On 30 March 1910, Baron von Stumm married American heiress Constance Hoyt (20 May 1889 – 30 July 1923), daughter of Solicitor General Henry Hoyt Jr. and Anne McMichael (a granddaughter of Philadelphia Mayor Morton McMichael). Her paternal grandfather was Pennsylvania Governor Henry M. Hoyt. Their wedding was attended by then President of the United States William Howard Taft. Before her death in 1923, they were the parents of:

- Baroness Nora von Stumm (1916–2000), who married, as his second wife, Count Hyacinth Strachwitz in 1947 in Holzhausen.

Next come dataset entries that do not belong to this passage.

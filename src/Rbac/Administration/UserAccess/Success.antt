-- ===== src/Rbac/Administration/UserAccess/Success.antt =====
-- What a successful `applyUserAccess` of src/rbac/roleAdministration.ts went through.
use dreamsso.Common.{
  ℕ, String, Bool, true, false, Option, some, ◌≡◌, refl, subst, List, [], ◌∷◌, ◌++◌, string_eq,
  nat_eq, option_eq, if◌then◌else◌,
}
use dreamsso.Common.Int.{int_eq}
use dreamsso.Common.Result.{Result, ok, >>=-eq-ok, ok-injective}
use dreamsso.Rbac.Errors.{RoleError}
use dreamsso.Json.{Fields}
use dreamsso.Store.{Store, RoleSyncState, RoleChange, EffectiveEntry, AuditEntry}
use dreamsso.Rbac.Changes.Ledger.{Publishes, publishes, publish_role_changes-Publishes}
use dreamsso.Rbac.Administration.{Actor, write_audit}
use dreamsso.Rbac.Administration.UserAccess.{
  UserPlan, write_user_access, publish_user_access, apply_user_access, plan_user_access,
  admit_target, read_changes, check_areas,
}
use dreamsso.Rbac.Administration.UserAccess.Plan.{
  IsAdmitted, admit_target-IsAdmitted, IsChecked, check_changes-IsChecked,
}

-- The tables that the publication and the audit write after the plan's own writes.
pub data Follows (db db' : Store) : Type 0 where
  follows :
      (sync : String → Option RoleSyncState) (outbox : List RoleChange)
      (ledger : String → ℕ → Option EffectiveEntry) (audit : List AuditEntry)
      → db' ≡ record db {
        app_role_sync_state = sync;
        event_outbox = outbox;
        app_role_effective = ledger;
        org_audit_log = audit;
      }
      → Follows db db'

if-Publishes :
    (test : Bool) (db : Store) (published : Result RoleError (Store × ℕ)) (db' : Store) (n : ℕ)
    → ((db' : Store) (n : ℕ) → published ≡ ok (db', n) → Publishes db db')
    → (if test then published else ok (db, 0)) ≡ ok (db', n)
    → Publishes db db'
if-Publishes true db published db' n yes_case h = yes_case db' n h
if-Publishes false db published db' n yes_case h =
    subst (λ r. Publishes db r.0) (ok-injective h)
      (publishes db.app_role_sync_state db.event_outbox db.app_role_effective refl)

publish_user_access-Publishes :
    (new_epoch : String → ℕ) (db : Store) (target : ℕ) (plan : UserPlan) (db' : Store) (n : ℕ)
    → publish_user_access new_epoch db target plan ≡ ok (db', n)
    → Publishes db db'
unfolding publish_user_access
publish_user_access-Publishes new_epoch db target plan db' n h =
    if-Publishes _ db _ db' n (publish_role_changes-Publishes new_epoch db _ _ false []) h

write_audit-Follows :
    {db mid : Store} (actor : ℕ) (action : String) (target : Option ℕ)
    → Publishes db mid
    → Follows db (write_audit mid actor action target)
unfolding write_audit
write_audit-Follows {db} actor action target (publishes sync outbox ledger e) =
    follows sync outbox ledger
      (db.org_audit_log
        ++ record { actor_sub = some actor; target_sub = target; action = action } ∷ [])
      (rw e refl)

-- A successful call: an admitted actor, checked changes, their writes, and what follows them.
pub record Success (db : Store) (actor_sub target : ℕ) (db' : Store) : Type 0 where
  pub actor : Actor
  pub plan : UserPlan
  pub admitted : IsAdmitted db actor_sub target actor
  pub checked : IsChecked db actor target plan
  pub written : Follows (write_user_access db target plan) db'

plan_user_access-IsChecked :
    (db : Store) (actor_sub target : ℕ) (changes : Fields) (plan : UserPlan)
    → plan_user_access db actor_sub target changes ≡ ok plan
    → (actor : Actor) × IsAdmitted db actor_sub target actor × IsChecked db actor target plan
unfolding plan_user_access
plan_user_access-IsChecked db actor_sub target changes plan h =
    let (actor, e, h₁) = >>=-eq-ok (admit_target db actor_sub target) _ h in
    let (asked, r, h₂) = >>=-eq-ok (read_changes changes) _ h₁ in
    let (done, c, h₃) = >>=-eq-ok (check_areas actor.granted asked) _ h₂ in
    (
      actor,
      admit_target-IsAdmitted db actor_sub target actor e,
      check_changes-IsChecked db actor target asked plan h₃,
    )

module _ (new_epoch : String → ℕ) where
  pub apply_user_access-Success :
      (db : Store) (actor_sub target : ℕ) (changes : Fields) (action : String) (db' : Store)
      → apply_user_access new_epoch db actor_sub target changes action ≡ ok db'
      → Success db actor_sub target db'
  unfolding apply_user_access
  apply_user_access-Success db actor_sub target changes action db' h =
      let (plan, p, h₁) = >>=-eq-ok (plan_user_access db actor_sub target changes) _ h in
      let ((mid, n), q, h₂) =
        >>=-eq-ok (publish_user_access new_epoch (write_user_access db target plan) target plan) _
          h₁ in
      let (actor, admitted, checked) =
        plan_user_access-IsChecked db actor_sub target changes plan p in
      record {
        actor = actor;
        plan = plan;
        admitted = admitted;
        checked = checked;
        written = subst (Follows (write_user_access db target plan)) (ok-injective h₂) (
            write_audit-Follows actor_sub action (some target)
              (publish_user_access-Publishes new_epoch _ target plan mid n q));
      }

After the death of his first wife, he married Vera von Platen (16 August 1900 – 9 February 1952, Baroness von Wolff), daughter of Baron Nikolaus Boris von Wolff, and former wife of Karl Gustav von Platen, on 17 May 1926. From her first marriage, she had a son, Dr. Alexander-Christoph von Platen. Together, they were the parents of one son:

- Baron Nikolaus Paul Wilhelm von Stumm (1928–1991), who married Baroness Ursula von Pfetten-Arnbach, a daughter of Baron Maximilian von Pfetten-Arnbach and Countess Marie-Elizabeth von Harrach (daughter of sculptor Count Hans Albrecht von Harrach and granddaughter of artist Count Ferdinand von Harrach).

Baron von Stumm died on 24 March 1954 in Grafenaschau near Murnau.